Mercedes uses a transparent model numbering convention. The first two digits indicate the weight category, the last two indicate horsepower divided by ten. An Actros 1845 is an 18-tonne tractor at 450 hp; an Actros 2553 is a 25-tonne tractor at 530 hp; an Actros 2545 LS is a 25-tonne rigid at 450 hp in long sleeper trim. The volume tractor configurations in UK long-haul stock are the Actros 1845, 1848, 1851, and 1853 on 4×2 chassis, and the Actros 2548 and 2553 on 6×2 mid-lift, which gives the operator the option to raise the centre axle on lighter return legs and save tyre wear.
Cab options on the fourth-generation Actros are ClassicSpace and StreamSpace for shorter routes, BigSpace for general long-haul, and GigaSpace where the operator needs full standing height and a flat cab floor for nights spent in the cab. UK operators typically order the BigSpace or GigaSpace for any work that involves sleeper overnighting, with the comfort kit, fridge, night heater, and Mercedes-Benz Predictive Powertrain Control where the route library justifies it.
The Arocs is the construction truck, in production since 2013 when it replaced the heavy-duty versions of the discontinued Axor. The chassis is reinforced for site work, the suspension is set up for unsealed surfaces and off-road duty cycles, and the running gear has the protection appropriate to vehicles that spend their working lives in quarries, mixing plants, demolition sites, and tipper routes between landfill cells.
The common UK configurations in our export stock are the Arocs 8×4 tipper at 32 tonnes (model numbers 3236, 3240, 3243, 3245, 3248), the 8×4 concrete mixer at 32 tonnes on a stub-chassis with body-builder mountings for the drum, and the 6×4 Arocs tractor for plant haulage and low-loader work (typically 2640, 2643, 2645, 2648, 2653). 8×4 chassis cab Arocs models for crane mounting, tanker bodywork, and other vocational work are sourced on request.
Cabs are ClassicSpace short Day Cab for tipper work and StreamSpace M-cab where the driver wants a small berth for break periods. Engines pair with PowerShift 3 automated manuals or, on heavier 8×4 configurations, the PowerShift transmissions with off-road software calibration.
The Atego covers the 6.5 to 16-tonne range and is Mercedes-Benz’s volume distribution truck. The current generation runs on two engine platforms: the four-cylinder 5.1-litre OM934 from 156 PS to 231 PS, and the six-cylinder 7.7-litre OM936 from 238 PS to 299 PS. Both are paired with the G 70-6 PowerShift 3 automated manual on most UK fleet specifications.
Used Atego stock from UK fleets tends to be 7.5-tonne to 16-tonne rigids fitted with curtainsider, box van, refrigerated, or beavertail bodies. Atego 818, 1018, 1218, 1224, 1318, 1523, and 1627 models are all routine. The Atego suits operators doing supermarket distribution, parcel work, beverage drops, builders’ merchant deliveries, and rural multi-drop where the larger Antos and Actros chassis are more truck than the load needs. Buyers in Cyprus, Malta, Jamaica, Trinidad, and across East Africa take Atego rigids regularly for inter-island and urban distribution work.

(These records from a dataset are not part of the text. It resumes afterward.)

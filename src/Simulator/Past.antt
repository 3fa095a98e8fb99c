-- ===== src/Simulator/Past.antt =====
-- Lists read with what came before each element, and the choices among locations.
use rtace.Base.{
  ℕ, zero, suc, ◌≡◌, ◌≢◌, refl, ap, inl, inr, true, false, List, [], ◌∷◌, ◌==◌, eq_iff, append, All,
  Bool-cases,
}
use mathlib.Core.List.{Memᴰ}
use rtace.Simulator.{Location, code, others_in, get_or}

module _ {ℓ} {A : Type ℓ} where
  -- The past after the elements, the last of them first.
  abbrev pub since : List A → List A → List A
  since past [] = past
  since past (x ∷ xs) = since (x ∷ past) xs

  pub since-append : (past xs ys : List A) → since past (append xs ys) ≡ since (since past xs) ys
  since-append past [] ys = refl
  since-append past (x ∷ xs) ys = since-append (x ∷ past) xs ys

  pub Mem-since : (x : A) (past xs : List A) → Memᴰ x past → Memᴰ x (since past xs)
  Mem-since x past [] h = h
  Mem-since x past (y ∷ ys) h = Mem-since x (y ∷ past) ys (Memᴰ.tail h)

-- Every element satisfies the predicate with those before it.
abbrev pub Each {ℓ κ} : {A : Type ℓ} → (List A → A → Type κ) → List A → List A → Type κ
Each P past [] = Unit
Each P past (x ∷ xs) = P past x × Each P (x ∷ past) xs

pub Each-append {ℓ κ} :
    {A : Type ℓ} (P : List A → A → Type κ) (past xs ys : List A)
    → Each P past xs
    → Each P (since past xs) ys
    → Each P past (append xs ys)
Each-append P past [] ys hx hy = hy
Each-append P past (x ∷ xs) ys hx hy = (hx.0, Each-append P (x ∷ past) xs ys hx.1 hy)

code-ne : (l home : Location) → (code l == code home) ≡ false → l ≢ home
code-ne l home h same = let e : (code l == code home) ≡ true = (eq_iff _ _).1 (ap code same) in cc

-- Every location but the home.
pub others_in-others :
    (ls : List Location) (home : Location) → All (λ l. l ≢ home) (others_in ls home)
others_in-others [] home = tt
others_in-others (l ∷ ls) home = elim (Bool-cases (code l == code home)) [
  | inl same ↦ rw same (others_in-others ls home)
  | inr other ↦ rw other (code-ne l home other, others_in-others ls home)
]

pub get_or-All {ℓ κ} :
    {A : Type ℓ} (P : A → Type κ) (d : A) (xs : List A) (i : ℕ) → P d → All P xs → P (get_or d xs i)
get_or-All P d [] i hd h = hd
get_or-All P d (x ∷ xs) zero hd h = h.0
get_or-All P d (x ∷ xs) (suc i) hd h = get_or-All P d xs i hd h.1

The Antos sat between the Atego and the Actros in the European range from its launch in May 2012 until Mercedes-Benz folded its capabilities back into the Actros range in 2021. Production was specifically for heavy distribution at 18 to 26 tonnes. Available engines were the OM936 (7.7 litre), OM470 (10.7 litre), and OM471 (12.8 litre) depending on application.
For the used buyer the Antos is worth knowing about. It’s a discontinued badge, which depresses the trade price slightly, but mechanically it shares the same engine families and PowerShift transmission as the contemporary Actros and Arocs. Antos rigids and tractors in the 1830, 1836, 1840, 2536, 2540, and 2543 designations come into the UK used market regularly. The discount on the badge typically translates into 10 to 15 percent off equivalent-spec Actros pricing, which is useful for buyers who don’t need long-haul features and just want a heavy distribution truck with Mercedes-Benz running gear.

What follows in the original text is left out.